Repeat, exactly and completely, the entries shown underneath.

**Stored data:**
◇ ◇ ◇ ◇
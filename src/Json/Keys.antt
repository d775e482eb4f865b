-- ===== src/Json/Keys.antt =====
-- Facts on the entries of a map: keys that occur once, predicates on every value.
use doover_rs.Base.{◌≡◌, refl, String, inl, inr, none, some, arith, str_eq, eq_iff, Bool-cases}
use doover_rs.Json.{
  Value, Values, Map, array, object, nil, cons, end, entry, get, insert, remove, get-insert,
  get-remove,
}

module _ {N : Type 0} where
  -- Every key of the map occurs once.
  abbrev pub UniqueKeys : Map N → Type 0
  UniqueKeys end = Unit
  UniqueKeys (entry k v m) = (get k m ≡ none) × UniqueKeys m

  abbrev pub AllValues : (Value N → Type 0) → Map N → Type 0
  AllValues P end = Unit
  AllValues P (entry k v m) = P v × AllValues P m

  pub get-AllValues :
      (P : Value N → Type 0) (k : String) (m : Map N) {v : Value N}
      → AllValues P m
      → get k m ≡ some v
      → P v
  unfolding get
  get-AllValues P k end h e = cc
  get-AllValues P k (entry j w m) {v} h e = elim (Bool-cases (str_eq j k)) [
    | inl same ↦ rw (← (let p : w ≡ v = ground (arith, same) in p)) h.0
    | inr other ↦ get-AllValues P k m h.1 (let p : get k m ≡ some v = ground (arith, other) in p)
  ]

  pub insert-UniqueKeys :
      (k : String) (v : Value N) (m : Map N) → UniqueKeys m → UniqueKeys (insert k v m)
  unfolding insert get
  insert-UniqueKeys k v end u = (refl, tt)
  insert-UniqueKeys k v (entry j w m) u = elim (Bool-cases (str_eq j k)) [
    | inl same ↦ rw same u
    | inr other ↦ rw other (
      ground (arith, u.0, other, get-insert k j v m, eq_iff k j, eq_iff j k),
      insert-UniqueKeys k v m u.1,
    )
  ]

  abbrev mutual
    -- No key occurs twice in an object, at any depth.
    pub IsUnique : Value N → Type 0
    IsUnique (array xs) = AllUnique xs
    IsUnique (object m) = IsUniqueMap m
    IsUnique _ = Unit

    pub AllUnique : Values N → Type 0
    AllUnique nil = Unit
    AllUnique (cons x xs) = IsUnique x × AllUnique xs

    pub IsUniqueMap : Map N → Type 0
    IsUniqueMap end = Unit
    IsUniqueMap (entry k v m) = (get k m ≡ none) × IsUnique v × IsUniqueMap m

  pub IsUniqueMap-UniqueKeys : (m : Map N) → IsUniqueMap m → UniqueKeys m
  IsUniqueMap-UniqueKeys end u = tt
  IsUniqueMap-UniqueKeys (entry k v m) u = (u.0, IsUniqueMap-UniqueKeys m u.2)

  pub get-IsUnique :
      (k : String) (m : Map N) {v : Value N} → IsUniqueMap m → get k m ≡ some v → IsUnique v
  unfolding get
  get-IsUnique k end u e = cc
  get-IsUnique k (entry j w m) {v} u e = elim (Bool-cases (str_eq j k)) [
    | inl same ↦ rw (← (let p : w ≡ v = ground (arith, same) in p)) u.1
    | inr other ↦ get-IsUnique k m u.2 (let p : get k m ≡ some v = ground (arith, other) in p)
  ]

  pub insert-IsUniqueMap :
      (k : String) (v : Value N) (m : Map N)
      → IsUnique v
      → IsUniqueMap m
      → IsUniqueMap (insert k v m)
  unfolding insert get
  insert-IsUniqueMap k v end uv u = (refl, uv, tt)
  insert-IsUniqueMap k v (entry j w m) uv u = elim (Bool-cases (str_eq j k)) [
    | inl same ↦ rw same (u.0, uv, u.2)
    | inr other ↦ rw other (
      ground (arith, u.0, other, get-insert k j v m, eq_iff k j, eq_iff j k),
      u.1,
      insert-IsUniqueMap k v m uv u.2,
    )
  ]

  pub remove-IsUniqueMap : (k : String) (m : Map N) → IsUniqueMap m → IsUniqueMap (remove k m)
  unfolding remove get
  remove-IsUniqueMap k end u = tt
  remove-IsUniqueMap k (entry j w m) u = elim (Bool-cases (str_eq j k)) [
    | inl same ↦ rw same (remove-IsUniqueMap k m u.2)
    | inr other ↦ rw other (
      ground (arith, u.0, other, get-remove k j m, eq_iff k j, eq_iff j k),
      u.1,
      remove-IsUniqueMap k m u.2,
    )
  ]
◇ ◇ ◇ ◇
**Response to this task:**
filename src/Json/Keys.antt
repository d775e482eb4f865b
-- ===== src/Json/Keys.antt =====
-- Facts on the entries of a map: keys that occur once, predicates on every value.
use doover_rs.Base.{◌≡◌, refl, String, inl, inr, none, some, arith, str_eq, eq_iff, Bool-cases}
use doover_rs.Json.{
  Value, Values, Map, array, object, nil, cons, end, entry, get, insert, remove, get-insert,
  get-remove,
}

module _ {N : Type 0} where
  -- Every key of the map occurs once.
  abbrev pub UniqueKeys : Map N → Type 0
  UniqueKeys end = Unit
  UniqueKeys (entry k v m) = (get k m ≡ none) × UniqueKeys m

  abbrev pub AllValues : (Value N → Type 0) → Map N → Type 0
  AllValues P end = Unit
  AllValues P (entry k v m) = P v × AllValues P m

  pub get-AllValues :
      (P : Value N → Type 0) (k : String) (m : Map N) {v : Value N}
      → AllValues P m
      → get k m ≡ some v
      → P v
  unfolding get
  get-AllValues P k end h e = cc
  get-AllValues P k (entry j w m) {v} h e = elim (Bool-cases (str_eq j k)) [
    | inl same ↦ rw (← (let p : w ≡ v = ground (arith, same) in p)) h.0
    | inr other ↦ get-AllValues P k m h.1 (let p : get k m ≡ some v = ground (arith, other) in p)
  ]

  pub insert-UniqueKeys :
      (k : String) (v : Value N) (m : Map N) → UniqueKeys m → UniqueKeys (insert k v m)
  unfolding insert get
  insert-UniqueKeys k v end u = (refl, tt)
  insert-UniqueKeys k v (entry j w m) u = elim (Bool-cases (str_eq j k)) [
    | inl same ↦ rw same u
    | inr other ↦ rw other (
      ground (arith, u.0, other, get-insert k j v m, eq_iff k j, eq_iff j k),
      insert-UniqueKeys k v m u.1,
    )
  ]

  abbrev mutual
    -- No key occurs twice in an object, at any depth.
    pub IsUnique : Value N → Type 0
    IsUnique (array xs) = AllUnique xs
    IsUnique (object m) = IsUniqueMap m
    IsUnique _ = Unit

    pub AllUnique : Values N → Type 0
    AllUnique nil = Unit
    AllUnique (cons x xs) = IsUnique x × AllUnique xs

    pub IsUniqueMap : Map N → Type 0
    IsUniqueMap end = Unit
    IsUniqueMap (entry k v m) = (get k m ≡ none) × IsUnique v × IsUniqueMap m

  pub IsUniqueMap-UniqueKeys : (m : Map N) → IsUniqueMap m → UniqueKeys m
  IsUniqueMap-UniqueKeys end u = tt
  IsUniqueMap-UniqueKeys (entry k v m) u = (u.0, IsUniqueMap-UniqueKeys m u.2)

  pub get-IsUnique :
      (k : String) (m : Map N) {v : Value N} → IsUniqueMap m → get k m ≡ some v → IsUnique v
  unfolding get
  get-IsUnique k end u e = cc
  get-IsUnique k (entry j w m) {v} u e = elim (Bool-cases (str_eq j k)) [
    | inl same ↦ rw (← (let p : w ≡ v = ground (arith, same) in p)) u.1
    | inr other ↦ get-IsUnique k m u.2 (let p : get k m ≡ some v = ground (arith, other) in p)
  ]

  pub insert-IsUniqueMap :
      (k : String) (v : Value N) (m : Map N)
      → IsUnique v
      → IsUniqueMap m
      → IsUniqueMap (insert k v m)
  unfolding insert get
  insert-IsUniqueMap k v end uv u = (refl, uv, tt)
  insert-IsUniqueMap k v (entry j w m) uv u = elim (Bool-cases (str_eq j k)) [
    | inl same ↦ rw same (u.0, uv, u.2)
    | inr other ↦ rw other (
      ground (arith, u.0, other, get-insert k j v m, eq_iff k j, eq_iff j k),
      u.1,
      insert-IsUniqueMap k v m uv u.2,
    )
  ]

  pub remove-IsUniqueMap : (k : String) (m : Map N) → IsUniqueMap m → IsUniqueMap (remove k m)
  unfolding remove get
  remove-IsUniqueMap k end u = tt
  remove-IsUniqueMap k (entry j w m) u = elim (Bool-cases (str_eq j k)) [
    | inl same ↦ rw same (remove-IsUniqueMap k m u.2)
    | inr other ↦ rw other (
      ground (arith, u.0, other, get-remove k j m, eq_iff k j, eq_iff j k),
      u.1,
      remove-IsUniqueMap k m u.2,
    )
  ]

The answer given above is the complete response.